For the Raspberry Pi, a USB audio device needs to be configured as the default audio device.

Create/edit /etc/asound.conf

sudo nano /etc/asound.conf

Set the file to the following text

pcm.!default {
    type hw
    card 1
}
ctl.!default {
    type hw
    card 1
}

Next, set the USB device to as the default device by editing /usr/share/alsa/alsa.conf

sudo nano /usr/share/alsa/alsa.conf:

Change

defaults.ctl.card 0
defaults.pcm.card 0

To

defaults.ctl.card 1
defaults.pcm.card 1

Test the LED strip

  1. cd rpi_ws281x/python/examples
  2. sudo nano strandtest.py
  3. Configure the options at the top of the file. Enable logic inverting if you are using an inverting logic-level converter. Set the correct GPIO pin and number of pixels for the LED strip. You will likely need a logic-level converter to convert the Raspberry Pi's 3.3V logic to the 5V logic used by the ws2812b LED strip.
  4. Run example with 'sudo python strandtest.py'

Configure the visualization code

In config.py, set the device to 'pi' and configure the GPIO, LED and other hardware settings. If you are using an inverting logic level converter, set LED_INVERT = True in config.py. Set LED_INVERT = False if you are not using an inverting logic level converter (i.e. connecting LED strip directly to GPIO pin).

Audio Input

The visualization program streams audio from the default audio input device (set by the operating system). Windows users can change the audio input device by following these instructions.
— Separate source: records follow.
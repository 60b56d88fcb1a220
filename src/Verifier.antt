-- ===== src/Verifier.antt =====
-- lib/bombadil/src/specification/verifier.rs: `Verifier::step`, which evaluates every property at a
-- state of the page. The JavaScript side, where extractors, thunks and generators run, is a
-- parameter. The properties are listed in the order in which the map gives them, which does not
-- change. After a failure the source keeps the properties that it has updated so far; the runner
-- stops there, so that this does not show.
pub mod Follow
pub mod Decided
pub mod Persist
mod Tests
use mathlib.Core.List.{filter_map}
use bombadil.Common.{
  ℕ, Bool, true, false, String, Option, none, some, List, [], ◌∷◌, ◌||◌, ◌++◌, get_elem?,
}
use bombadil.Common.Run.{Comp, return, ◌>>=◌, ◌>>◌}
use bombadil.Ltl.Domain.{Domain}
use bombadil.Ltl.Formula.{Formula}
use bombadil.Ltl.Syntax.{Syntax}
use bombadil.Ltl.Value.{Value, Residual}
use bombadil.Ltl.Eval.{EvaluateThunk, evaluate, step as evaluator_step}
use bombadil.Ltl.Semantics.Nnf.{thunk_formula}
use bombadil.Tree.{Tree, Branches, branch, none_left, weighted}

module _ (D : Domain) where
  pub data PropertyState : Type 0 where
    initial : Formula D → PropertyState
    residual : Residual D → PropertyState
    definitely_true definitely_false : PropertyState

  pub record Property : Type 0 where
    pub name : String
    pub state : PropertyState

  pub record StepResult (A : Type 0) : Type 0 where
    pub properties : List (String × Value D)
    pub actions : Tree A
    pub has_pending : Bool

-- The JavaScript runtime: `call` runs a function and tells which snapshots it has accessed,
-- `collect` makes the state of these, and `generate` runs a generator of actions.
pub record Runtime (D : Domain) (Snapshot Js Generator A W E : Type 0) : Type 0 where
  pub update_from_snapshots : List Snapshot → Comp W E (Unit {0})
  pub call : D.Function → Comp W E (List ℕ × Js)
  pub syntax_from_value : Js → Comp W E (Syntax D)
  pub collect : List Snapshot → D.State
  pub generate : Generator → Comp W E (Tree A)

module _ {D : Domain} where
  -- The match on a property's value: what is reported of it, and the property's state.
  unfoldable pub settle : Value D → Value D × PropertyState D
  settle (Value.true_with _) = (Value.true_with D.default, PropertyState.definitely_true)
  settle (Value.false_with violation (some continuation)) =
      (Value.false_with violation none, PropertyState.residual continuation)
  settle (Value.false_with violation none) =
      (Value.false_with violation none, PropertyState.definitely_false)
  settle (Value.residual r) = (Value.residual r, PropertyState.residual r)

  abbrev pub settled : Value D → Option (Value D) × PropertyState D
  settled value = let (report, state) = settle value in (some report, state)

  abbrev pub is_pending : PropertyState D → Bool
  is_pending (PropertyState.initial _) = true
  is_pending (PropertyState.residual _) = true
  is_pending _ = false

  -- `properties.any(…)`.
  unfoldable pub any_pending : List (Property D) → Bool
  any_pending [] = false
  any_pending (p ∷ ps) = is_pending p.state || any_pending ps

  abbrev pub report_of : String → Option (Value D) → List (String × Value D)
  report_of name none = []
  report_of name (some report) = (name, report) ∷ []

  module _ {W E : Type 0} (evaluate_thunk : EvaluateThunk D W E) (fuel : ℕ) (time : D.Time) where
    -- The body of the loop over the properties: what it reports, and the state after it.
    unfoldable pub step_state : PropertyState D → Comp W E (Option (Value D) × PropertyState D)
    unfolding settle
    step_state (PropertyState.initial formula) = do
      value ← evaluate evaluate_thunk fuel formula time
      return (settled value)
    step_state (PropertyState.residual r) = do
      value ← evaluator_step evaluate_thunk fuel r time
      return (settled value)
    step_state PropertyState.definitely_true = return (none, PropertyState.definitely_true)
    step_state PropertyState.definitely_false = return (none, PropertyState.definitely_false)

    unfoldable pub step_properties :
        List (Property D) → Comp W E (List (String × Value D) × List (Property D))
    unfolding step_state
    step_properties [] = return ([], [])
    step_properties (p ∷ ps) = do
      (report, state) ← step_state p.state
      (reports, ps') ← step_properties ps
      return (report_of p.name report ++ reports, record { name = p.name; state = state } ∷ ps')

-- `self.action_generators`, each with its tree, all of the weight 1.
unfoldable pub generate_all :
    {G A W E : Type 0} → (G → Comp W E (Tree A)) → List G → Comp W E (Branches A)
generate_all generate [] = return none_left
generate_all generate (g ∷ gs) = do
  tree ← generate g
  rest ← generate_all generate gs
  return (weighted 1 tree rest)

module _ {D : Domain} {Snapshot Js G A W E : Type 0} (runtime : Runtime D Snapshot Js G A W E) where
  unfoldable pub evaluate_thunk : List Snapshot → EvaluateThunk D W E
  unfolding thunk_formula
  evaluate_thunk snapshots function negated = do
    (indices, value) ← runtime.call function
    syntax ← runtime.syntax_from_value value
    return
        (thunk_formula syntax negated, runtime.collect (filter_map (get_elem? snapshots) indices))

  unfoldable pub step :
      ℕ
      → List G
      → List Snapshot
      → D.Time
      → List (Property D)
      → Comp W E (StepResult D A × List (Property D))
  unfolding evaluate_thunk step_properties any_pending generate_all
  step fuel generators snapshots time properties = do
    runtime.update_from_snapshots snapshots
    (reports, properties') ← step_properties (evaluate_thunk snapshots) fuel time properties
    branches ← generate_all runtime.generate generators
    return (
      record {
        properties = reports;
        actions = branch branches;
        has_pending = any_pending properties';
      },
      properties',
    )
Examples of typical audio sources:

  • Audio cable connected to the audio input jack (requires USB sound card on Raspberry Pi)
  • Webcam microphone, headset, studio recording microphone, etc

Virtual Audio Source

You can use a "virtual audio device" to transfer audio playback from one application to another. This means that you can play music on your computer and connect the playback directly into the visualization program.

audio-input-sources

Windows

On Windows, you can use "Stereo Mix" to copy the audio output stream into the audio input. Stereo Mix is only support on certain audio chipsets. If your chipset does not support Stereo Mix, you can use a third-party application such as Voicemeeter.

show-stereomix

Go to recording devices under Windows Sound settings (Control Panel -> Sound). In the right-click menu, select "Show Disabled Devices".

enable-stereomix

Enable Stereo Mix and set it as the default device. Your audio playback should now be used as the audio input source for the visualization program. If your audio chipset does not support Stereo Mix then it will not appear in the list.

Linux

Linux users can use Jack Audio to create a virtual audio device.

OSX

On OSX, Loopback can be use to create a virtual audio device.

Running the Visualization

Once everything has been configured, run visualization.py to start the visualization. The visualization will automatically use your default recording device (microphone) as the audio input.

A PyQtGraph GUI will open to display the output of the visualization on the computer. There is a setting to enable/disable the GUI display in config.py

visualization-gui

If you encounter any issues or have questions about this project, feel free to open a new issue.

Limitations

  • ESP8266 supports a maximum of 256 LEDs. This limitation will be removed in a future update. The Raspberry Pi can use more than 256 LEDs.
  • Even numbers of pixels must be used. For example, if you have 71 pixels then use the next lowest even number, 70. Odd pixel quantities will be supported in a future update.

License

This project was developed by Scott Lawson and is released under the MIT License.